[Collected data entries]
■ ■ ■ ■ ■

module _ {J : Type 0} where
  plus_none : (n : ℕ) (s : DeviceService J) → IsCounted n s → IsCounted (n + 0) s
  plus_none n s v = record {
    counted = omega (arith, v.counted);
    bounded = v.bounded;
    pending_unique = v.pending_unique;
    submitted_unique = v.submitted_unique;
  }

  -- A record that the directory refuses although its registration was submitted.
  refused_record : PendingRegistration J → Expected Error (DeviceRegistry J) → ℕ
  refused_record c (ok registry) = 0
  refused_record c (unexpected e) = if c.submitted then 1 else 0

  refused_answer : String → Option (DeviceRecord J) → DeviceService J → ℕ
  unfolding refused_record
  refused_answer id none s = 0
  refused_answer id (some device) s = elim (find id s.pending) [
    | none ↦ 0
    | some c ↦ refused_record c (add_provisioned s.registry device)
  ]

  unfoldable pub refusals_of : DatabaseResult J → DeviceService J → ℕ
  unfolding refused_answer
  refusals_of result s = elim result.kind [
    | provisioned ↦ refused_answer result.device_id result.device s
    | _ ↦ 0
  ]

  module _ (ports : Ports J) (n : ℕ) where
    apply_change-IsSameWork :
        (e : Expected Error (DeviceRegistry J × Mutation J)) (s : DeviceService J)
        → IsSameWork s (apply_change ports e s)
    unfolding apply_change
    apply_change-IsSameWork (unexpected e) s = record {
      pending = refl;
      submitted = refl;
      count = refl;
    }
    apply_change-IsSameWork (ok p) s =
        let same = mark_device-IsSameWork ports p.1 (record s { registry = p.0 }) in
        record { pending = same.pending; submitted = same.submitted; count = same.count }

    end_works-IsCounted :
        (k : ℕ) (s t : DeviceService J)
        → IsCounted n s
        → IsUnique t.pending
        → IsUnique t.submitted
        → t.outstanding_database_work ≡ s.outstanding_database_work
        → submitted_count s.pending + length s.submitted
          ≡ k + submitted_count t.pending + length t.submitted
        → IsCounted n (end_works k t)
    unfolding end_works
    end_works-IsCounted k s t v p q e c = elim (Bool-cases (nat_eq k 0)) [
      | inl z ↦
          rw (z, end_works)
            record {
              counted = ground (arith, v.counted);
              bounded = ground (arith, v.bounded);
              pending_unique = p;
              submitted_unique = q;
            }
      | inr z ↦ rw (z, end_works) (end_work-IsCounted k n s t v p q e c)
    ]

    end_work_if-IsCounted :
        (b : Bool) (s t : DeviceService J)
        → IsCounted n s
        → IsUnique t.pending
        → IsUnique t.submitted
        → t.outstanding_database_work ≡ s.outstanding_database_work
        → submitted_count s.pending + length s.submitted
          ≡ (if b then 1 else 0) + submitted_count t.pending + length t.submitted
        → IsCounted n (end_work_if b t)
    unfolding end_work_if
    end_work_if-IsCounted true s t v p q e c = end_work-IsCounted 1 n s t v p q e c
    end_work_if-IsCounted false s t v p q e c = record {
      counted = ground (arith, v.counted);
      bounded = ground (arith, v.bounded);
      pending_unique = p;
      submitted_unique = q;
    }

    handle_unavailable-IsCounted :
        (r : DatabaseResult J) (s : DeviceService J)
        → IsCounted n s
        → IsCounted n (handle_unavailable r s)
    unfolding handle_unavailable emit submitted_count
    handle_unavailable-IsCounted r s v =
        let lost = record s { is_database_unavailable = true } in
        let same = degrade-IsSameWork r.device_id (λ revision. max revision r.revision) lost in
        let degraded = degrade r.device_id (λ revision. max revision r.revision) lost in
        let rest = record degraded { pending = [] } in
        IsCounted-IsSameWork n (end_works (submitted_count s.pending) rest) _
          (record { pending = refl; submitted = refl; count = refl })
          (end_works-IsCounted (submitted_count s.pending) s rest v tt
            (ground (arith, same.submitted, v.submitted_unique)) same.count
            (ground (arith, same.submitted)))

    fail_pending-IsCounted :
        (id : String) (s : DeviceService J) → IsCounted n s → IsCounted n (fail_pending id s)
    unfolding fail_pending end_work_if end_work
    fail_pending-IsCounted id s v = elim (Option-cases (find id s.pending)) [
      | inl e ↦ rw (e, fail_pending) v
      | inr (c, e) ↦
          rw (e, fail_pending)
            (IsCounted-IsSameWork n
              (end_work_if c.submitted (record s { pending = erase id s.pending })) _
              (record { pending = ground arith; submitted = ground arith; count = ground arith })
              (end_work_if-IsCounted c.submitted s (record s { pending = erase id s.pending }) v
                (erase-IsUnique id s.pending v.pending_unique) v.submitted_unique refl
                (ground (arith, submitted_count-erase id c s.pending v.pending_unique e))))
    ]

    fail_all-IsCounted : (s : DeviceService J) → IsCounted n s → IsCounted n (fail_all s)
    unfolding fail_all submitted_count
    fail_all-IsCounted s v =
        end_works-IsCounted (submitted_count s.pending + length s.submitted) s
          (record s { pending = []; submitted = []; pending_status_logs = [] }) v tt tt refl
          (omega arith)

    fail_write-IsCounted :
        (id : String) (s : DeviceService J) → IsCounted n s → IsCounted n (fail_write id s)
    unfolding fail_write end_work_if end_work erase
    fail_write-IsCounted id s v =
        let failed = record s {
          submitted = erase id s.submitted;
          pending_status_logs = erase id s.pending_status_logs;
        } in
        IsCounted-IsSameWork n (end_work_if (contains id s.submitted) failed) _
          (record { pending = ground arith; submitted = ground arith; count = ground arith })
          (end_work_if-IsCounted (contains id s.submitted) s failed v v.pending_unique
            (erase-IsUnique id s.submitted v.submitted_unique) refl
            (ground (
              arith,
              length-erase_found id s.submitted v.submitted_unique,
              length-erase_missing id s.submitted,
            )))

    handle_permanent_failure-IsCounted :
        (r : DatabaseResult J) (s : DeviceService J)
        → IsCounted n s
        → IsCounted n (handle_permanent_failure r s)
    unfolding handle_permanent_failure emit
    handle_permanent_failure-IsCounted r s v =
        let same =
          degrade-IsSameWork r.device_id (λ revision. max revision r.revision)
            (if r.device_id == ""
              then fail_all (fail_pending r.device_id s)
              else fail_write r.device_id (fail_pending r.device_id s)) in
        IsCounted-IsSameWork n _ _
          (record { pending = same.pending; submitted = same.submitted; count = same.count })
          (failed (r.device_id == ""))
      where
        failed :
            (b : Bool)
            → IsCounted n (
                if b
                then fail_all (fail_pending r.device_id s)
                else fail_write r.device_id (fail_pending r.device_id s))
        failed true = fail_all-IsCounted _ (fail_pending-IsCounted r.device_id s v)
        failed false = fail_write-IsCounted r.device_id _ (fail_pending-IsCounted r.device_id s v)

    resubmit-IsCounted :
        (m : Map String ℕ) (s : DeviceService J) → IsCounted n s → IsCounted n (resubmit ports m s)
    unfolding resubmit
    resubmit-IsCounted [] s v = v
    resubmit-IsCounted ((id, revision) ∷ rest) s v =
        elim (Option-cases (find_device s.registry id)) [
          | inl e ↦ rw (e, resubmit) (resubmit-IsCounted rest s v)
          | inr (r, e) ↦
              rw (e, resubmit)
                (resubmit-IsCounted rest _ (submit_device_write-IsCounted ports n _ s v))
        ]

    handle_recovered-IsCounted :
        (s : DeviceService J) → IsCounted n s → IsCounted n (handle_recovered ports s)
    unfolding handle_recovered
    handle_recovered-IsCounted s v =
        resubmit-IsCounted s.degraded (record s { is_database_unavailable = false })
          (IsCounted-IsSameWork n s _ (record { pending = refl; submitted = refl; count = refl }) v)

    add_device-IsCounted :
        (id : String) (c : PendingRegistration J) (e : Expected Error (DeviceRegistry J))
        (s : DeviceService J)
        → IsCounted n s
        → find id s.pending ≡ some c
        → IsCounted (n + refused_record c e) (add_device ports id c e s)
    unfolding add_device refused_record end_work_if end_work
    add_device-IsCounted id c (unexpected e) s v p = record {
      counted = ground (arith, v.counted);
      bounded = ground (arith, v.bounded);
      pending_unique = ground (arith, v.pending_unique);
      submitted_unique = ground (arith, v.submitted_unique);
    }
    add_device-IsCounted id c (ok registry) s v p =
        let added = record s { registry = registry; pending = erase id s.pending } in
        let e = apply_registration registry c.registration c.received_at in
        let same = apply_change-IsSameWork e added in
        plus_none n _ (
          end_work_if-IsCounted c.submitted s (apply_change ports e added) v
            (ground (arith, same.pending, erase-IsUnique id s.pending v.pending_unique))
            (ground (arith, same.submitted, v.submitted_unique)) same.count
            (ground (
              arith,
              same.pending,
              same.submitted,
              submitted_count-erase id c s.pending v.pending_unique p,
            )))

    complete_write-IsCounted :
        (id : String) (revision : ℕ) (s : DeviceService J)
        → IsCounted n s
        → IsCounted n (complete_write id revision s)
    unfolding complete_write log_status emit contains
    complete_write-IsCounted id revision s v = elim (Option-cases (find id s.submitted)) [
      | inl e ↦ rw (e, complete_write) v
      | inr (w, e) ↦ elim (Bool-cases (leb w.revision revision)) [
        | inr old ↦ rw (e, old, complete_write) v
        | inl done ↦
            rw (e, done, complete_write)
              (end_work-IsCounted 1 n s _ v (ground (arith, v.pending_unique))
                (ground (arith, erase-IsUnique id s.submitted v.submitted_unique)) (ground arith)
                (ground (arith, length-erase_found id s.submitted v.submitted_unique)))
      ]
    ]

    restore_device-IsSameWork :
        (id : String) (revision : ℕ) (s : DeviceService J)
        → IsSameWork s (restore_device id revision s)
    unfolding restore_device emit
    restore_device-IsSameWork id revision s = record {
      pending = ground arith;
      submitted = ground arith;
      count = ground arith;
    }

    pend_registration-IsCounted :
        (id : String) (r : Registration J) (at : ℕ) (s : DeviceService J)
        → IsCounted n s
        → IsCounted n (pend_registration id r at s)
    unfolding pend_registration
    pend_registration-IsCounted id r at s v = elim (Bool-cases s.is_database_unavailable) [
      | inl e ↦
          rw (e, pend_registration)
            record {
              counted = v.counted;
              bounded = v.bounded;
              pending_unique = v.pending_unique;
              submitted_unique = v.submitted_unique;
            }
      | inr e ↦
          rw (e, pend_registration)
            record {
              counted = ground (
                arith,
                v.counted,
                submitted_count-insert id
                    (record {
                      registration = r;
                      received_at = at;
                      submitted = elim (find id s.pending) [ none ↦ false | some c ↦ c.submitted ];
                    })
                    s.pending,
              );
              bounded = v.bounded;
              pending_unique = insert-IsUnique id _ s.pending v.pending_unique;
              submitted_unique = v.submitted_unique;
            }
    ]

    handle_registration-IsCounted :
        (id : String) (r : Registration J) (at : ℕ) (s : DeviceService J)
        → IsCounted n s
        → IsCounted n (handle_registration ports id r at s)
    unfolding handle_registration
    handle_registration-IsCounted id r at s v = elim (Option-cases (find_device s.registry id)) [
      | inr (d, e) ↦
          rw (e, handle_registration)
            (IsCounted-IsSameWork n s _
              (apply_change-IsSameWork (apply_registration s.registry r at) s) v)
      | inl e ↦ rw (e, handle_registration) (pend_registration-IsCounted id r at s v)
    ]

    pub handle_content-IsCounted :
        (m : DeviceMessage J) (at : ℕ) (s : DeviceService J)
        → IsCounted n s
        → IsCounted n (handle_content ports m at s)
    unfolding handle_content
    handle_content-IsCounted invalid_topic at s v = v
    handle_content-IsCounted (registers id none) at s v = v
    handle_content-IsCounted (registers id (some r)) at s v =
        handle_registration-IsCounted id r at s v
    handle_content-IsCounted (reports id none) at s v = v
    handle_content-IsCounted (reports id (some t)) at s v =
        IsCounted-IsSameWork n s _ (apply_change-IsSameWork (apply_telemetry s.registry id t at) s)
          v

    handle_provisioned-IsCounted :
        (id : String) (device : Option (DeviceRecord J)) (s : DeviceService J)
        → IsCounted n s
        → IsCounted (n + refused_answer id device s) (handle_provisioned ports id device s)
    unfolding handle_provisioned refused_answer
    handle_provisioned-IsCounted id none s v = plus_none n s v
    handle_provisioned-IsCounted id (some device) s v = elim (Option-cases (find id s.pending)) [
      | inl e ↦ rw (e, handle_provisioned, refused_answer) (plus_none n s v)
      | inr (c, e) ↦
          rw (e, handle_provisioned, refused_answer)
            (add_device-IsCounted id c (add_provisioned s.registry device) s v e)
    ]

    pub handle_database_result-IsCounted :
        (r : DatabaseResult J) (s : DeviceService J)
        → IsCounted n s
        → IsCounted (n + refusals_of r s) (handle_database_result ports r s)
    unfolding handle_database_result refusals_of
    handle_database_result-IsCounted r s v = by_kind r.kind
      where
        by_kind :
            (kind : ResultKind)
            → IsCounted
                (n + refusals_of (record r { kind = kind }) s)
                (handle_database_result ports (record r { kind = kind }) s)
        by_kind database_unavailable = plus_none n _ (handle_unavailable-IsCounted r s v)
        by_kind permanent_failure = plus_none n _ (handle_permanent_failure-IsCounted r s v)
        by_kind database_recovered = plus_none n _ (handle_recovered-IsCounted s v)
        by_kind provisioned = handle_provisioned-IsCounted r.device_id r.device s v
        by_kind write_completed = plus_none n _ (
            IsCounted-IsSameWork n _ _ (restore_device-IsSameWork r.device_id r.revision _)
              (complete_write-IsCounted r.device_id r.revision s v))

■ ■ ■ ■ ■

[Required work] Would you print exactly, and only, the lines of the data above from the line with "(end_works k t)" through the line with "let rest = record", inclusive?

[Written response]
        → IsCounted n (end_works k t)
    unfolding end_works
    end_works-IsCounted k s t v p q e c = elim (Bool-cases (nat_eq k 0)) [
      | inl z ↦
          rw (z, end_works)
            record {
              counted = ground (arith, v.counted);
              bounded = ground (arith, v.bounded);
              pending_unique = p;
              submitted_unique = q;
            }
      | inr z ↦ rw (z, end_works) (end_work-IsCounted k n s t v p q e c)
    ]

    end_work_if-IsCounted :
        (b : Bool) (s t : DeviceService J)
        → IsCounted n s
        → IsUnique t.pending
        → IsUnique t.submitted
        → t.outstanding_database_work ≡ s.outstanding_database_work
        → submitted_count s.pending + length s.submitted
          ≡ (if b then 1 else 0) + submitted_count t.pending + length t.submitted
        → IsCounted n (end_work_if b t)
    unfolding end_work_if
    end_work_if-IsCounted true s t v p q e c = end_work-IsCounted 1 n s t v p q e c
    end_work_if-IsCounted false s t v p q e c = record {
      counted = ground (arith, v.counted);
      bounded = ground (arith, v.bounded);
      pending_unique = p;
      submitted_unique = q;
    }

    handle_unavailable-IsCounted :
        (r : DatabaseResult J) (s : DeviceService J)
        → IsCounted n s
        → IsCounted n (handle_unavailable r s)
    unfolding handle_unavailable emit submitted_count
    handle_unavailable-IsCounted r s v =
        let lost = record s { is_database_unavailable = true } in
        let same = degrade-IsSameWork r.device_id (λ revision. max revision r.revision) lost in
        let degraded = degrade r.device_id (λ revision. max revision r.revision) lost in
        let rest = record degraded { pending = [] } in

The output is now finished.